Forbearance Exits Expected to Add Inventory


August 10, 2021
home for sale
Photo: Andy Dean | stock.adobe.com

A wave of inventory could come soon as hundreds of thousands of homeowners are expected to exit forbearance, with a significant share likely to list their homes. This not only benefits the market’s inventory problem, but homeowners can benefit from the significant price appreciation. The intense housing market and strong equity growth will offer these homeowners more options than those in 2008 who were pushed into involuntary foreclosure, says Zillow. September and October of this year is expected to be big for forbearance exits, and Zillow expects an additional 0.40 months of inventory to come as a result.

For context, this additional 0.40 months of supply roughly means an extra 211,700 homes for sale, which would represent 13.1% of all predicted sales over the next three months. 

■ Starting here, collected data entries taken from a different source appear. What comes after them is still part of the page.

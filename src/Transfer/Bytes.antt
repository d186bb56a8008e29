-- ===== src/Transfer/Bytes.antt =====
-- The files of the world as they are written at an offset, and their bytes one by one.
use update_service.Base.{
  ℕ, zero, suc, ◌+◌, ◌-◌, ◌<◌, ◌≤◌, ◌≡◌, refl, ap, true, ◌&&◌, Option, none, some, List, [], ◌∷◌,
  ◌++◌, arith, ltb, leb, if◌then◌else◌, String, str_eq, length, take, drop, replicate,
  length-append, length-take, length-drop, length-replicate,
}
use update_service.Effect.{Content, json, bytes}

-- What the newest file of a path holds, if it is bytes.
abbrev bytes_of : Content → Option (List ℕ)
bytes_of (bytes b) = some b
bytes_of (json j) = none

abbrev pub bytes_at : String → List (String × Content) → Option (List ℕ)
bytes_at path [] = none
bytes_at path (f ∷ fs) = if str_eq f.0 path then bytes_of f.1 else bytes_at path fs

-- `WriteAt`: a gap before the offset is filled with zeros.
abbrev pub write_at : ℕ → List ℕ → List ℕ → List ℕ
write_at offset payload content =
    take offset (content ++ replicate (offset - length content) 0)
    ++ (payload ++ drop (offset + length payload) content)

-- `Truncate`: the content is cut, or filled with zeros.
abbrev pub truncate : ℕ → List ℕ → List ℕ
truncate n content = take n content ++ replicate (n - length content) 0

-- The i-th byte, or zero.
abbrev pub byte_at : ℕ → List ℕ → ℕ
byte_at i [] = 0
byte_at zero (b ∷ bs) = b
byte_at (suc i) (b ∷ bs) = byte_at i bs

byte_at-append :
    (i : ℕ) (xs ys : List ℕ)
    → byte_at i (xs ++ ys)
      ≡ (if ltb i (length xs) then byte_at i xs else byte_at (i - length xs) ys)
byte_at-append i [] ys = ground arith
byte_at-append zero (x ∷ xs) ys = ground arith
byte_at-append (suc i) (x ∷ xs) ys = ground (arith, byte_at-append i xs ys)

byte_at-take :
    (i n : ℕ) (xs : List ℕ) → byte_at i (take n xs) ≡ (if ltb i n then byte_at i xs else 0)
byte_at-take i zero xs = ground arith
byte_at-take i (suc n) [] = ground arith
byte_at-take zero (suc n) (x ∷ xs) = ground arith
byte_at-take (suc i) (suc n) (x ∷ xs) = ground (arith, byte_at-take i n xs)

byte_at-drop : (i n : ℕ) (xs : List ℕ) → byte_at i (drop n xs) ≡ byte_at (n + i) xs
byte_at-drop i zero xs = ground arith
byte_at-drop i (suc n) [] = ground arith
byte_at-drop i (suc n) (x ∷ xs) = ground (arith, byte_at-drop i n xs)

-- Two contents of one length with the same bytes are the same.
pub same_bytes :
    (xs ys : List ℕ)
    → length xs ≡ length ys
    → ((i : ℕ) → i < length xs → byte_at i xs ≡ byte_at i ys)
    → xs ≡ ys
same_bytes [] [] h f = refl
same_bytes [] (y ∷ ys) h f = absurd (omega (arith, h))
same_bytes (x ∷ xs) [] h f = absurd (omega (arith, h))
same_bytes (x ∷ xs) (y ∷ ys) h f = cc (
  f zero (omega arith),
  same_bytes xs ys (omega (arith, h)) (λ i k. f (suc i) (omega (arith, k))),
)

module _ (offset : ℕ) (payload content : List ℕ)
    (fits : offset + length payload ≤ length content) where
  pub length-write_at : length (write_at offset payload content) ≡ length content
  length-write_at =
      let pad : List ℕ = replicate (offset - length content) 0 in
      omega (
        arith,
        fits,
        length-append (take offset (content ++ pad))
            (payload ++ drop (offset + length payload) content),
        length-append payload (drop (offset + length payload) content),
        length-take offset (content ++ pad),
        length-append content pad,
        length-drop (offset + length payload) content,
        length-replicate {A = ℕ} (offset - length content) 0,
      )

  -- A write inside of the file changes the bytes that it covers.
  pub byte_at-write_at :
      (i : ℕ)
      → byte_at i (write_at offset payload content) ≡ (
          if leb offset i && ltb i (offset + length payload)
          then byte_at (i - offset) payload
          else byte_at i content)
  byte_at-write_at i =
      let pad : List ℕ = replicate (offset - length content) 0 in
      let past : List ℕ = drop (offset + length payload) content in
      ground (
        arith,
        fits,
        byte_at-append i (take offset (content ++ pad)) (payload ++ past),
        byte_at-append (i - offset) payload past,
        byte_at-drop (i - offset - length payload) (offset + length payload) content,
        byte_at-take i offset (content ++ pad),
        byte_at-append i content pad,
        length-take offset (content ++ pad),
        length-append content pad,
        length-replicate {A = ℕ} (offset - length content) 0,
        same_index,
      )
    where
      same_index :
          leb (offset + length payload) i ≡ true
          → byte_at (offset + length payload + (i - offset - length payload)) content
            ≡ byte_at i content
      same_index h = ap (λ n. byte_at n content) (ground arith)

-- The bytes of a piece of a file.
pub byte_at-slice :
    (i n m : ℕ) (xs : List ℕ)
    → byte_at i (take n (drop m xs)) ≡ (if ltb i n then byte_at (m + i) xs else 0)
byte_at-slice i n m xs = ground (arith, byte_at-take i n (drop m xs), byte_at-drop i m xs)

This projection assumes that borrowers exiting forbearance in August – October will behave similarly to borrowers that exited forbearance in the past year, when approximately 25% of borrowers may have listed their homes for sale following their forbearance exit. In a more distressed scenario, where 50% of forbearance exits lead to homes listed for sale — whether by foreclosure or a pre-emptive borrower sale — we project that 0.80 months of housing supply will be added to the market in August – October 2021, representing a 31% increase in months of supply relative to June levels and 26% of expected sales volume in the coming three months. In a positive outlook scenario, where only 10% of borrowers exiting forbearance sell their home, we project that 0.16 months of additional supply will come to market and represent 5% of home sales from August – October 2021. 

Low-income borrowers — who often, but not always, use federally backed programs including low down payment loans backed by the Federal Housing Administration (FHA) to help them secure a home — may be particularly vulnerable, with less savings and monthly cash flow to work their way out of forbearance. Atlanta (42,000), Houston (40,000), Chicago (28,000), and Dallas (22,000) have the highest number of borrowers behind on their FHA loans, according to an analysis of FHA data by the American Enterprise Institute. Other areas with high levels of delinquent borrowers include Washington, D.C.; Baltimore; Riverside, Calif.; San Antonio; Fort Worth, Texas; and Philadelphia.